La investigación destinada a comprender cómo COVID-19 causa estragos en los pulmones, por ejemplo, a menudo se ha realizado con diversas células de cáncer de pulmón que muestran diferencias cruciales con las células a las que se dirige el virus.
«Hay ha sido demasiado terreno cambiante para un trabajo preciso», dice Ali H. Brivanlou, profesor de Robert y Harriet Heilbrunn de Rockefeller.
Ahora, el laboratorio de Brivanlou está introduciendo tecnología basada en células madre que hace posible producir en masa cultivos de tejidos que imitan los brotes pulmonares, las estructuras embrionarias que dan origen a nuestros órganos respiratorios. Cuando se infectan con SARS-CoV-2 en el laboratorio, estos «micropulmones» sintéticos ofrecen un modelo poderoso para investigar los mecanismos de COVID-19 y detectar nuevos medicamentos.
Los hallazgos están disponibles en línea en servidor de preimpresión bioRxiv antes de su publicación en una revista revisada por pares.
De alfombras a grupos
El becario postdoctoral Edwin Rosado Olivieri llegó al laboratorio de Brivanlou a principios de 2020, poco antes de que el estado de Nueva York se fuera en el encierro. Exestudiante de posgrado en la Universidad de Harvard, había venido a investigar cómo toman forma los órganos viscerales como el intestino, el hígado y el páncreas durante el desarrollo embrionario, pero inmediatamente cambió de planes para trabajar en el nuevo coronavirus.
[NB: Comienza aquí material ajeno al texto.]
-- ===== src/Indexing/Queries/Tests.antt =====
-- Runs of `derive_queries`.
use codesensei.Common.{
  ◌≡◌, refl, [], ◌∷◌, Text, codes, is_space, is_break, starts_with, splitlines, has_text,
  join_lines,
}
use codesensei.Common.Digits.{ascii}
use codesensei.Indexing.Queries.{is_hunk_start, window, queries_of, derive_queries}
use codesensei.Indexing.Queries.Hunks.{
  HunkText, added, unchanged, removed, put_lines, hunks_text, hunk_queries, IsHeader,
  derive_queries-hunks,
}

-- The first hunk replaces a line, the second only removes one.
abbrev diff : Text
diff = codes "+++ b/x.py\n@@ -1,2 +1,2 @@ f\n a = 1\n-b = 2\n+b = 3\n@@ -9 +8,0 @@\n-c\n"

one_query : derive_queries ascii diff ≡ codes "a = 1\nb = 3" ∷ []
unfolding derive_queries queries_of is_hunk_start starts_with window has_text join_lines splitlines
    is_break is_space
one_query = refl

abbrev replaced : HunkText
replaced = record {
  header = codes "@@ -1,2 +1,2 @@ f";
  lines = (unchanged, codes "a = 1") ∷ (removed, codes "b = 2") ∷ (added, codes "b = 3") ∷ [];
}

header : IsHeader ascii replaced.header
unfolding is_hunk_start starts_with is_break
header = (
  (
    refl,
    (
      refl,
      (
        refl,
        (
          refl,
          (
            refl,
            (
              refl,
              (
                refl,
                (refl, (refl, (refl, (refl, (refl, (refl, (refl, (refl, (refl, (refl, tt)))))))))),
              ),
            ),
          ),
        ),
      ),
    ),
  ),
  λ s. refl,
)

derive_queries-hunks_example :
    derive_queries ascii (put_lines (codes "+++ b/x.py" ∷ []) (hunks_text (replaced ∷ [])))
    ≡ hunk_queries (replaced ∷ [])
unfolding is_break
derive_queries-hunks_example =
    derive_queries-hunks ascii (codes "+++ b/x.py" ∷ []) (replaced ∷ [])
      (
        (refl, (refl, (refl, (refl, (refl, (refl, (refl, (refl, (refl, (refl, (refl, tt))))))))))),
        tt,
      )
      (
        (
          header,
          (
            (refl, (refl, (refl, (refl, (refl, tt))))),
            (
              (refl, (refl, (refl, (refl, (refl, tt))))),
              ((refl, (refl, (refl, (refl, (refl, tt))))), tt),
            ),
          ),
        ),
        tt,
      )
En experimentos de laboratorio ordinarios, las células se cultivan en una alfombra de una sola capa, adhiriéndose firmemente al fondo del plato sin recibir mucha información de sus vecinos. Para ver si podía inducir a las células madre generadas en el laboratorio para que se autoorganizaran en algo más parecido al tejido pulmonar embrionario, Rosado Olivieri las cultivó dentro de una matriz elaborada, convenciendo a las células para que treparan una encima de la otra e intercambiaran mensajes, como si fueran reales. lo hacen las células madre en el curso del desarrollo.
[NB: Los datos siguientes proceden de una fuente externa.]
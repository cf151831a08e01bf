-- ===== src/Review/Errors.antt =====
-- backend/src/codesensei/review/errors.py: `ReviewErrorCategory` and `ReviewError`. The message is
-- left out; `retry_after_seconds` is kept.
use codesensei.Common.{ℤ, Bool, Option, none}

pub data ReviewErrorCategory : Type 0 where
  invalid_input payload_too_large github_fetch_failed provider_unavailable : ReviewErrorCategory
  provider_malformed_output settings_locked repo_not_ready embedding_mismatch : ReviewErrorCategory
  github_auth_failed github_pr_not_found github_review_rejected : ReviewErrorCategory
  github_api_unavailable github_rate_limited internal : ReviewErrorCategory

pub record ReviewError : Type 0 where
  pub category : ReviewErrorCategory
  pub retryable : Bool
  pub retry_after_seconds : Option ℤ

-- An error with no time to wait.
abbrev pub review_error : ReviewErrorCategory → Bool → ReviewError
review_error c r = record { category = c; retryable = r; retry_after_seconds = none }

-- The end of a call: a value, a `ReviewError`, or an exception of another class.
pub data Result {ℓ} (A : Type ℓ) : Type ℓ where
  ok : A → Result A
  raised : ReviewError → Result A
  raised_other : Result A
En puntos de tiempo cuidadosamente ajustados, estimuló las células con señales que imitaban las que guían la diferenciación de células pulmonares en redes embrionarias. Después de dos semanas, las células habían formado brotes idénticos cuyos perfiles moleculares coincidían estrechamente con los observados en las primeras etapas del desarrollo pulmonar fetal, incluida la formación de vías respiratorias y alvéolos, estructuras que se sabe que están dañadas en muchas personas con COVID-19 grave.
Imitando la enfermedad
Luego, los investigadores bañaron los brotes pulmonares con tres medicamentos de anticuerpos contra el COVID-19, dos de los cuales se están estudiando en ensayos en humanos, y se unieron a colegas en el laboratorio de Charles M. Arroz para infectar los cogollos con SARS-CoV-2. Estos experimentos demostraron que los brotes infectados ofrecen un modelo de enfermedad realista en el que evaluar la potencia de nuevos compuestos farmacológicos; como esperaban los científicos, diferentes combinaciones de anticuerpos redujeron la infección a niveles similares a los observados en experimentos anteriores.
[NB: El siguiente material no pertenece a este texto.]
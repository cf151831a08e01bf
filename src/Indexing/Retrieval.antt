-- ===== src/Indexing/Retrieval.antt =====
-- backend/src/codesensei/indexing/retrieval.py: `RetrievalService.search` over the rows of the
-- store. Distances and scores, which Python keeps as floats, are whole numbers: a distance counts
-- billionths, a score halves of billionths. pgvector's distance of two vectors is a parameter, none
-- for NULL.
pub mod Best
pub mod Nearest
pub mod Hits
pub mod Budget
pub mod Candidates
pub mod Laws
pub mod Tests
use codesensei.Common.{
  ℕ, zero, suc, ◌+◌, ◌-◌, ◌*◌, Bool, true, false, not, ◌&&◌, Option, none, some, List, [], ◌∷◌,
  ◌++◌, Text, text_eq, ◌==◌, ltb, if◌then◌else◌, length, take, map, sort, is_empty, keep,
}
use codesensei.Common.Digits.{Unicode, is_some}
use codesensei.Review.Errors.{ReviewError, invalid_input, provider_unavailable, review_error}
use codesensei.Indexing.Errors.{
  Exc, Outcome, ok, raised, index_error, provider_error, job_error, redis_error, other,
  already_indexing, embedding_mismatch,
}
use codesensei.Indexing.Store.{Repo, CodeChunk, ChunkInsert, Db, fetch_repo}
use codesensei.Indexing.Fill.{Provider}
use codesensei.Indexing.Queries.{derive_queries}

abbrev pub distance_floor : ℕ
distance_floor = 1500000000

abbrev pub top_score : ℕ
top_score = 2000000000

pub record RetrievedChunk : Type 0 where
  pub chunk_id : ℕ
  pub repo_id : ℕ
  pub file_path : Text
  pub language : Text
  pub start_line : ℕ
  pub end_line : ℕ
  pub content : Text
  pub token_count : ℕ
  pub score : ℕ

pub record RetrievalResult : Type 0 where
  pub selected : List RetrievedChunk
  pub queries_count : ℕ
  pub chunks_fetched : ℕ
  pub chunks_used : ℕ
  pub trimmed : ℕ
  pub empty : Bool

-- The end of a search: a result, a `ReviewError`, or an exception of the indexing's kinds.
pub data Searched : Type 0 where
  found : RetrievalResult → Searched
  review_raised : ReviewError → Searched
  exc_raised : Exc → Searched

-- `max(0.0, 1.0 - distance / 2.0)`.
abbrev pub score_of : ℕ → ℕ
score_of distance = top_score - distance

abbrev pub retrieved : {V : Type 0} → CodeChunk V → ℕ → RetrievedChunk
retrieved c distance = record {
  chunk_id = c.chunk_id;
  repo_id = c.owner;
  file_path = c.row.file_path;
  language = c.row.language;
  start_line = c.row.start_line;
  end_line = c.row.end_line;
  content = c.row.content;
  token_count = c.row.token_count;
  score = score_of distance;
}

-- `best[chunk_id] = …` where it is new or scores higher.
unfoldable pub keep_best : RetrievedChunk → List RetrievedChunk → List RetrievedChunk
keep_best c [] = c ∷ []
keep_best c (e ∷ es) =
    let rest = keep_best c es in
    if e.chunk_id == c.chunk_id then (if ltb e.score c.score then c else e) ∷ es else e ∷ rest

-- `sorted(…, key=score, reverse=True)`; no score is above the top.
unfoldable pub by_score : List RetrievedChunk → List RetrievedChunk
by_score cs = sort (λ c. top_score - c.score) cs

-- `selected` and `token_total`.
pub record Trim : Type 0 where
  pub selected : List RetrievedChunk
  pub token_total : ℕ

abbrev pub trim_step : ℕ → Trim → RetrievedChunk → Trim
trim_step budget t c =
    if ltb budget (t.token_total + c.token_count)
    then t
    else record { selected = t.selected ++ (c ∷ []); token_total = t.token_total + c.token_count }

unfoldable pub trim_from : ℕ → Trim → List RetrievedChunk → Trim
trim_from budget t [] = t
trim_from budget t (c ∷ cs) = trim_from budget (trim_step budget t c) cs

unfoldable pub trim : ℕ → List RetrievedChunk → List RetrievedChunk
unfolding trim_from
trim budget candidates =
    (trim_from budget (record { selected = []; token_total = 0 }) candidates).selected

abbrev pub no_result : RetrievalResult
no_result = record {
  selected = [];
  queries_count = 0;
  chunks_fetched = 0;
  chunks_used = 0;
  trimmed = 0;
  empty = true;
}

-- A name that is set and differs.
abbrev pub differs : Option Text → Text → Bool
differs none active = false
differs (some persisted) active = not (is_empty persisted) && not (text_eq persisted active)

module _ {V : Type 0} (u : Unicode) (distance : V → V → Option ℕ) where
  -- A row of the query, with its distance.
  abbrev pub rows_of : V → List (CodeChunk V) → List (CodeChunk V × Option ℕ)
  rows_of vec cs = map (λ (c : CodeChunk V). (c, distance c.row.embedding vec)) cs

  abbrev pub number : CodeChunk V × Option ℕ → ℕ
  number (c, none) = 0
  number (c, some d) = d

  -- `WHERE repo_id = … ORDER BY distance LIMIT k`; NULL comes last.
  unfoldable pub nearest : Db V → ℕ → ℕ → V → List (CodeChunk V × Option ℕ)
  nearest db id top_k vec =
      let rows = rows_of vec (keep (λ (c : CodeChunk V). c.owner == id) db.chunks) in
      take top_k (
        sort number (keep (λ (r : CodeChunk V × Option ℕ). is_some r.1) rows)
        ++ keep (λ (r : CodeChunk V × Option ℕ). not (is_some r.1)) rows)

  -- The body of the loop over the rows.
  abbrev pub add_row : CodeChunk V × Option ℕ → List RetrievedChunk → List RetrievedChunk
  add_row (c, none) best = best
  add_row (c, some d) best = if ltb distance_floor d then best else keep_best (retrieved c d) best

  unfoldable pub add_rows :
      List (CodeChunk V × Option ℕ) → List RetrievedChunk → List RetrievedChunk
  add_rows [] best = best
  add_rows (r ∷ rs) best = add_rows rs (add_row r best)

  unfoldable pub best_of : Db V → ℕ → ℕ → List V → List RetrievedChunk → List RetrievedChunk
  unfolding nearest add_rows
  best_of db id top_k [] best = best
  best_of db id top_k (v ∷ vs) best = best_of db id top_k vs (add_rows (nearest db id top_k v) best)

  abbrev pub candidates_of : Db V → ℕ → ℕ → List V → List RetrievedChunk
  candidates_of db id top_k vectors = by_score (best_of db id top_k vectors [])

  abbrev pub result_of : ℕ → ℕ → List RetrievedChunk → RetrievalResult
  result_of queries_count token_budget candidates =
      let selected = trim token_budget candidates in
      record {
        selected = selected;
        queries_count = queries_count;
        chunks_fetched = length candidates;
        chunks_used = length selected;
        trimmed = length candidates - length selected;
        empty = is_empty selected;
      }

  -- `except ProviderError`.
  abbrev pub after_embed : Db V → ℕ → ℕ → ℕ → ℕ → Outcome (List V) → Searched
  after_embed db id top_k budget n (ok vectors) =
      found (result_of n budget (candidates_of db id top_k vectors))
  after_embed db id top_k budget n (raised (provider_error r)) =
      review_raised (review_error provider_unavailable r)
  after_embed db id top_k budget n (raised (index_error c r)) = exc_raised (index_error c r)
  after_embed db id top_k budget n (raised (job_error c)) = exc_raised (job_error c)
  after_embed db id top_k budget n (raised redis_error) = exc_raised redis_error
  after_embed db id top_k budget n (raised other) = exc_raised other

  abbrev pub with_queries : Db V → ℕ → ℕ → ℕ → Provider V → List Text → Searched
  with_queries db id top_k budget provider [] = found no_result
  with_queries db id top_k budget provider (q ∷ qs) =
      after_embed db id top_k budget (length (q ∷ qs)) (provider.embed (q ∷ qs))

  abbrev pub with_provider : Db V → ℕ → Repo → ℕ → ℕ → Text → Text → Outcome (Provider V) → Searched
  with_provider db id row top_k budget active_model diff (raised e) = exc_raised e
  with_provider db id row top_k budget active_model diff (ok provider) =
      if differs row.embedding_provider provider.name
      then exc_raised (index_error embedding_mismatch false)
      else if differs row.embedding_model active_model
      then exc_raised (index_error embedding_mismatch false)
      else with_queries db id top_k budget provider (derive_queries u diff)

  abbrev pub with_meta :
      Db V → ℕ → ℕ → ℕ → Text → Text → Outcome (Provider V) → Option Repo → Searched
  with_meta db id top_k budget active_model diff provider none =
      review_raised (review_error invalid_input false)
  with_meta db id top_k budget active_model diff provider (some row) =
      if not (is_some row.indexed_at)
      then exc_raised (index_error already_indexing true)
      else with_provider db id row top_k budget active_model diff provider

  -- `search(repo_id, diff, top_k, token_budget)`; the provider is what the factory returns.
  unfoldable pub search : Db V → ℕ → ℕ → ℕ → Text → Text → Outcome (Provider V) → Searched
  search db id top_k budget active_model diff provider =
      with_meta db id top_k budget active_model diff provider (fetch_repo db id)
Los investigadores dicen que se han realizado otros esfuerzos para estudiar COVID-19 en tejidos sintéticos como organoides pulmonares, pero enfatizan que el nuevo sistema es excepcionalmente práctico porque puede ampliarse fácilmente para producir grandes cantidades de tejido pulmonar. «Los brotes de pulmón humano sintético nos permiten recapitular las características clave de la enfermedad que de otro modo serían inaccesibles para la experimentación», dice Rosado Olivieri. «Nos brindan la oportunidad de comprender cómo este virus interactúa con las células pulmonares e induce patologías».
Además, al ofrecer una fuente ilimitada de tejido relevante para la enfermedad, el modelo permitirá examinar una gran cantidad de bibliotecas químicas para medicamentos que podrían usarse potencialmente para «bloquear y abordar el COVID-19 u otros virus respiratorios que puedan surgir en el futuro», dice Rosado Olivieri. Y sus aplicaciones podrían extenderse aún más.
«Los brotes pulmonares nos permitirán recapitular los eventos moleculares que impulsan el desarrollo pulmonar normal, así como aquellos cánceres de pulmón subyacentes, infecciones respiratorias y una serie de enfermedades pulmonares para las cuales actualmente no hay tratamientos», dice Brivanlou.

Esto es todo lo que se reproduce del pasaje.